私の武術の師だったN師は手技療法の達人だった。
それは中国得拳法の台湾のお師匠が清朝の宮廷に仕えた治療家の家系だったからだそうだ。
蒋介石の軍とともに台湾に逃げてきたらしい。
「武術と医術は一つ。医術を学ばないなら武術も教えない。」と言われたそうだ。
そんな風だったので手技療法の伝授を受けておられた。
ある時「おめえに技を教えてやろう。信者増えるよ。」と言われた。
それは実際に素晴らしい技をお持ちであった。
癌などもちいさくなった。
だが、一回考えた末に「それはいけません。」とお断りした。
「なぜだ?」とおっしゃるので
「先生、私のところに来る人は神仏の加持力を求めてきます。そこに手技療法を入れてはなんだ。ここは祈祷ではなく、もみ療治じゃないか?と不審になるでしょう。
逆に手技を求めてうちに来たら祭壇がある。祈祷もしている。なんだ。まじないじゃないか?宗教じゃないか?ここはとこうなります。
それでは祈祷にも手技療法にも泥を塗る相すまぬこととなります。ですのでありがたいお言葉ですがお断りいたします。」
と申し上げたことがある。
それで今もってよかったと思っている。
無論、神官や僧侶で手技をされる方も全国に多いだろう。そういうひとをどうこういうつもりは全くないが、えてして神秘的な場所での治療はそれなりの配慮が必要だ。
特に効能がずば抜けてあったりすればこちらではなく顧客が一方的に神秘化して考えることも多い。

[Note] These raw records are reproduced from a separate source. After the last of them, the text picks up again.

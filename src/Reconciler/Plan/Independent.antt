-- ===== src/Reconciler/Plan/Independent.antt =====
-- The plan of one tailnet does not depend on the others.
use hydrascale.Common.{
  Bool, true, false, ◌≡◌, refl, sym, ◌∙◌, Option, none, some, List, [], ◌∷◌, ◌++◌, append-nil, Text,
  text_eq, ◌==◌, ==_iff, ==_refl, if◌then◌else◌, keep, all, mem, nodup, Map, keys, lookup,
  lookup-put, Bool-cases, Option-cases, inl, inr, arith,
}
use hydrascale.Config.{Tailnet}
use hydrascale.Reconciler.{
  State, flag, host_access_rules_present, dns_refresh_waits, set_dns_refresh_pending,
}
use hydrascale.Reconciler.Plan.{
  Action, TailnetState, Tick, branch, create_actions, healthy_actions, diff_tailnet, diff_desired,
}

abbrev pub is_of : Text → Action → Bool
is_of id a = a.tailnet == id

-- The actions of one tailnet in a plan.
abbrev pub of : Text → List Action → List Action
of id actions = keep (is_of id) actions

pub of-append : (id : Text) (xs ys : List Action) → of id (xs ++ ys) ≡ of id xs ++ of id ys
of-append id [] ys = refl
of-append id (x ∷ xs) ys = ground (arith, of-append id xs ys)

-- A list of actions of one tailnet, read for a tailnet.
of_own :
    (id j : Text) (actions : List Action)
    → all (is_of id) actions ≡ true
    → of j actions ≡ (if id == j then actions else [])
of_own id j [] h = ground arith
of_own id j (a ∷ actions) h =
    ground (arith, h, of_own id j actions, ==_iff a.tailnet id, ==_iff a.tailnet j, ==_iff id j)

branch_own :
    (tick : Tick) (id : Text) (tn : Tailnet) (state : Option TailnetState) (s : State)
    → all (is_of id) (branch tick id tn state s).1 ≡ true
unfolding branch create_actions healthy_actions
branch_own tick id tn none s = ground (arith, ==_refl id)
branch_own tick id tn (some state) s = elim (Option-cases tick.loaded) [
  | inl unread ↦ rw unread (ground (arith, ==_refl id))
  | inr (cfg, loaded) ↦ rw loaded (ground (arith, ==_refl id))
]

diff_tailnet_own :
    (tick : Tick) (actual : Map Text TailnetState) (id : Text) (tn : Tailnet) (s : State)
    → all (is_of id) (diff_tailnet tick actual id tn s).1 ≡ true
unfolding diff_tailnet
diff_tailnet_own tick actual id tn s = ground (arith, branch_own tick id tn (lookup id actual) s)

-- Two states that agree on what Diff reads for a tailnet.
pub record Agree (id : Text) (s t : State) : Type 0 where
  error_states : flag id t.error_states ≡ flag id s.error_states
  paused_states : flag id t.paused_states ≡ flag id s.paused_states
  pending : dns_refresh_waits id t ≡ dns_refresh_waits id s
  rules : host_access_rules_present id t ≡ host_access_rules_present id s

pub Agree-refl : (id : Text) (s : State) → Agree id s s
Agree-refl id s = record { error_states = refl; paused_states = refl; pending = refl; rules = refl }

set_dns_refresh_pending-Agree :
    (id j : Text) (s : State) → (id == j) ≡ false → Agree j s (set_dns_refresh_pending id true s)
unfolding set_dns_refresh_pending dns_refresh_waits host_access_rules_present
set_dns_refresh_pending-Agree id j s other = record {
  error_states = refl;
  paused_states = refl;
  pending = rw (lookup-put id j true s.dns_refresh_pending) (rw other refl);
  rules = refl;
}

branch-Agree :
    (tick : Tick) (id j : Text) (tn : Tailnet) (state : Option TailnetState) (s : State)
    → (id == j) ≡ false
    → Agree j s (branch tick id tn state s).0
unfolding branch
branch-Agree tick id j tn none s other = Agree-refl j s
branch-Agree tick id j tn (some state) s other = elim (Bool-cases state.exists) [
  | inr absent ↦ rw absent (Agree-refl j s)
  | inl there ↦ elim (Bool-cases state.healthy) [
    | inl up ↦ rw (there, up) (Agree-refl j s)
    | inr down ↦ rw (there, down) (set_dns_refresh_pending-Agree id j s other)
  ]
]

diff_tailnet-Agree :
    (tick : Tick) (actual : Map Text TailnetState) (id j : Text) (tn : Tailnet) (s : State)
    → (id == j) ≡ false
    → Agree j s (diff_tailnet tick actual id tn s).0
unfolding diff_tailnet
diff_tailnet-Agree tick actual id j tn s other = elim (Bool-cases (flag id s.error_states)) [
  | inl broken ↦ rw broken (Agree-refl j s)
  | inr working ↦ elim (Bool-cases (flag id s.paused_states)) [
    | inl paused ↦ rw (working, paused) (Agree-refl j s)
    | inr running ↦ rw (working, running) (branch-Agree tick id j tn (lookup id actual) s other)
  ]
]

healthy_actions_ext :
    (tick : Tick) (id : Text) (s t : State)
    → Agree id s t
    → healthy_actions tick id t ≡ healthy_actions tick id s
unfolding healthy_actions
healthy_actions_ext tick id s t same = elim (Option-cases tick.loaded) [
  | inl unread ↦ rw (unread, same.pending) refl
  | inr (cfg, loaded) ↦ rw (loaded, same.pending, same.rules) refl
]

branch_ext :
    (tick : Tick) (id : Text) (tn : Tailnet) (state : Option TailnetState) (s t : State)
    → Agree id s t
    → (branch tick id tn state t).1 ≡ (branch tick id tn state s).1
unfolding branch
branch_ext tick id tn none s t same = refl
branch_ext tick id tn (some state) s t same = elim (Bool-cases state.exists) [
  | inr absent ↦ rw absent refl
  | inl there ↦ elim (Bool-cases state.healthy) [
    | inl up ↦ rw (there, up) (healthy_actions_ext tick id s t same)
    | inr down ↦ rw (there, down) refl
  ]
]

-- Diff plans the same actions for a tailnet in two states that agree on it.
diff_tailnet_ext :
    (tick : Tick) (actual : Map Text TailnetState) (id : Text) (tn : Tailnet) (s t : State)
    → Agree id s t
    → (diff_tailnet tick actual id tn t).1 ≡ (diff_tailnet tick actual id tn s).1
unfolding diff_tailnet
diff_tailnet_ext tick actual id tn s t same = elim (Bool-cases (flag id s.error_states)) [
  | inl broken ↦ rw (same.error_states, broken) refl
  | inr working ↦ elim (Bool-cases (flag id s.paused_states)) [
    | inl paused ↦ rw (same.error_states, working, same.paused_states, paused) refl
    | inr running ↦
        rw (same.error_states, working, same.paused_states, running)
          (branch_ext tick id tn (lookup id actual) s t same)
  ]
]

Agree-trans : (id : Text) (s t u : State) → Agree id s t → Agree id t u → Agree id s u
Agree-trans id s t u f g = record {
  error_states = g.error_states ∙ f.error_states;
  paused_states = g.paused_states ∙ f.paused_states;
  pending = g.pending ∙ f.pending;
  rules = g.rules ∙ f.rules;
}

diff_desired-absent :
    (tick : Tick) (actual : Map Text TailnetState) (id : Text) (desired : Map Text Tailnet)
    (t : State)
    → mem id (keys desired) ≡ false
    → of id (diff_desired tick actual desired t).1 ≡ []
unfolding diff_desired
diff_desired-absent tick actual id [] t absent = refl
diff_desired-absent tick actual id ((j, tn) ∷ desired) t absent =
    let (next, actions) = diff_tailnet tick actual j tn t in
    let rest = diff_desired-absent tick actual id desired next (ground (arith, absent)) in
    let own = of_own j id actions (diff_tailnet_own tick actual j tn t) in
    let split = of-append id actions (diff_desired tick actual desired next).1 in
    let other : (j == id) ≡ false = ground (arith, absent) in split ∙ rw (own, rest, other) refl

-- The actions that a desired tailnet gets, whatever the others are.
abbrev pub planned : Tick → Map Text TailnetState → State → Text → Option Tailnet → List Action
planned tick actual s id none = []
planned tick actual s id (some tn) = (diff_tailnet tick actual id tn s).1

pub diff_desired-planned :
    (tick : Tick) (actual : Map Text TailnetState) (id : Text) (desired : Map Text Tailnet)
    (s t : State)
    → nodup (keys desired) ≡ true
    → Agree id s t
    → of id (diff_desired tick actual desired t).1 ≡ planned tick actual s id (lookup id desired)
unfolding diff_desired lookup
diff_desired-planned tick actual id [] s t distinct same = refl
diff_desired-planned tick actual id ((j, tn) ∷ desired) s t distinct same =
    let (next, actions) = diff_tailnet tick actual j tn t in
    let later = (diff_desired tick actual desired next).1 in
    let own = of_own j id actions (diff_tailnet_own tick actual j tn t) in
    let split = of-append id actions later in
    elim (Bool-cases (j == id)) [
      | inl here ↦
          let e : j ≡ id = (==_iff j id).0 here in
          let fresh : mem id (keys desired) ≡ false = rw (sym e) (ground (arith, distinct)) in
          let rest = diff_desired-absent tick actual id desired next fresh in
          let ext = diff_tailnet_ext tick actual id tn s t same in
          split ∙ rw (own, rest, here, append-nil actions) (rw e ext)
      | inr other ↦
          let kept =
            Agree-trans id s t next same (diff_tailnet-Agree tick actual j id tn t other) in
          let rest =
            diff_desired-planned tick actual id desired s next (ground (arith, distinct)) kept in
          split ∙ rw (own, other) rest
    ]
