-- ===== src/Reconciler/Plan/PerTailnet.antt =====
-- What Diff plans for one tailnet.
use hydrascale.Common.{
  true, false, ◌≡◌, refl, sym, ◌∙◌, Option, none, some, List, [], ◌∷◌, append-nil, Text, text_eq,
  ◌==◌, ==_iff, ==_refl, if◌then◌else◌, mem, nodup, Map, keys, lookup, is_some, Bool-cases,
  Option-cases, inl, inr, arith,
}
use hydrascale.Config.{Tailnet}
use hydrascale.Reconciler.{State}
use hydrascale.Reconciler.Plan.{
  Action, TailnetState, Tick, plain, stop_daemon, delete_namespace, diff_tailnet, diff_desired,
  diff_actual, diff,
}
use hydrascale.Reconciler.Plan.Independent.{
  of, of-append, planned, diff_desired-planned, Agree-refl,
}

-- The removal of a tailnet of the host.
abbrev pub removed : Text → Option TailnetState → List Action
removed id none = []
removed id (some state) =
    plain stop_daemon id state.namespace ∷ plain delete_namespace id state.namespace ∷ []

diff_actual-absent :
    (id : Text) (desired : Map Text Tailnet) (actual : Map Text TailnetState)
    → mem id (keys actual) ≡ false
    → of id (diff_actual desired actual) ≡ []
unfolding diff_actual
diff_actual-absent id desired [] absent = refl
diff_actual-absent id desired ((j, state) ∷ actual) absent =
    ground (arith, absent, diff_actual-absent id desired actual)

diff_actual-removed :
    (id : Text) (desired : Map Text Tailnet) (actual : Map Text TailnetState)
    → nodup (keys actual) ≡ true
    → of id (diff_actual desired actual)
      ≡ (if is_some (lookup id desired) then [] else removed id (lookup id actual))
unfolding diff_actual lookup
diff_actual-removed id desired [] distinct = ground arith
diff_actual-removed id desired ((j, state) ∷ actual) distinct = elim (Bool-cases (j == id)) [
  | inr other ↦
      let rest = diff_actual-removed id desired actual (ground (arith, distinct)) in
      ground (arith, rest, other)
  | inl here ↦
      let e : j ≡ id = (==_iff j id).0 here in
      let fresh : mem id (keys actual) ≡ false = rw (sym e) (ground (arith, distinct)) in
      let rest = diff_actual-absent id desired actual fresh in
      rw (sym e) (rw e (ground (arith, rest, ==_refl id)))
]

-- What Diff plans for a tailnet: what the loop over the declared tailnets plans from the state at the
-- start of the tick, where the tailnet is declared, and its removal otherwise. The keys of a map are
-- distinct.
pub diff-planned :
    (tick : Tick) (desired : Map Text Tailnet) (actual : Map Text TailnetState) (s : State)
    (id : Text)
    → nodup (keys desired) ≡ true
    → nodup (keys actual) ≡ true
    → of id (diff tick desired actual s).1 ≡ (
        if is_some (lookup id desired)
        then planned tick actual s id (lookup id desired)
        else removed id (lookup id actual))
unfolding diff
diff-planned tick desired actual s id wanted held =
    let first = (diff_desired tick actual desired s).1 in
    let split = of-append id first (diff_actual desired actual) in
    let one = diff_desired-planned tick actual id desired s s wanted (Agree-refl id s) in
    let two = diff_actual-removed id desired actual held in
    elim (Option-cases (lookup id desired)) [
      | inl gone ↦ split ∙ rw (one, two) (rw gone refl)
      | inr (tn, found) ↦
          split ∙ rw (one, two) (rw found (append-nil ((diff_tailnet tick actual id tn s).1)))
    ]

神秘の力があるなどと褒められて、そういうものではないというのも治療家としてなかなか難しいものだ。
治療家が顔ならそこはいえねばならないと思うが、
治療は説明が必要だからだ、治療の効果は信じる信じないというようなことでは困る。
信じている神仏によてっ治療ができないなどと言うの大嘘つきだ。関係ないだろう。
だが、私にはその区切りをハッキリつける方法がわからなかった、
今やってもわからんと思う。だいいち、そんなにいくつもできない。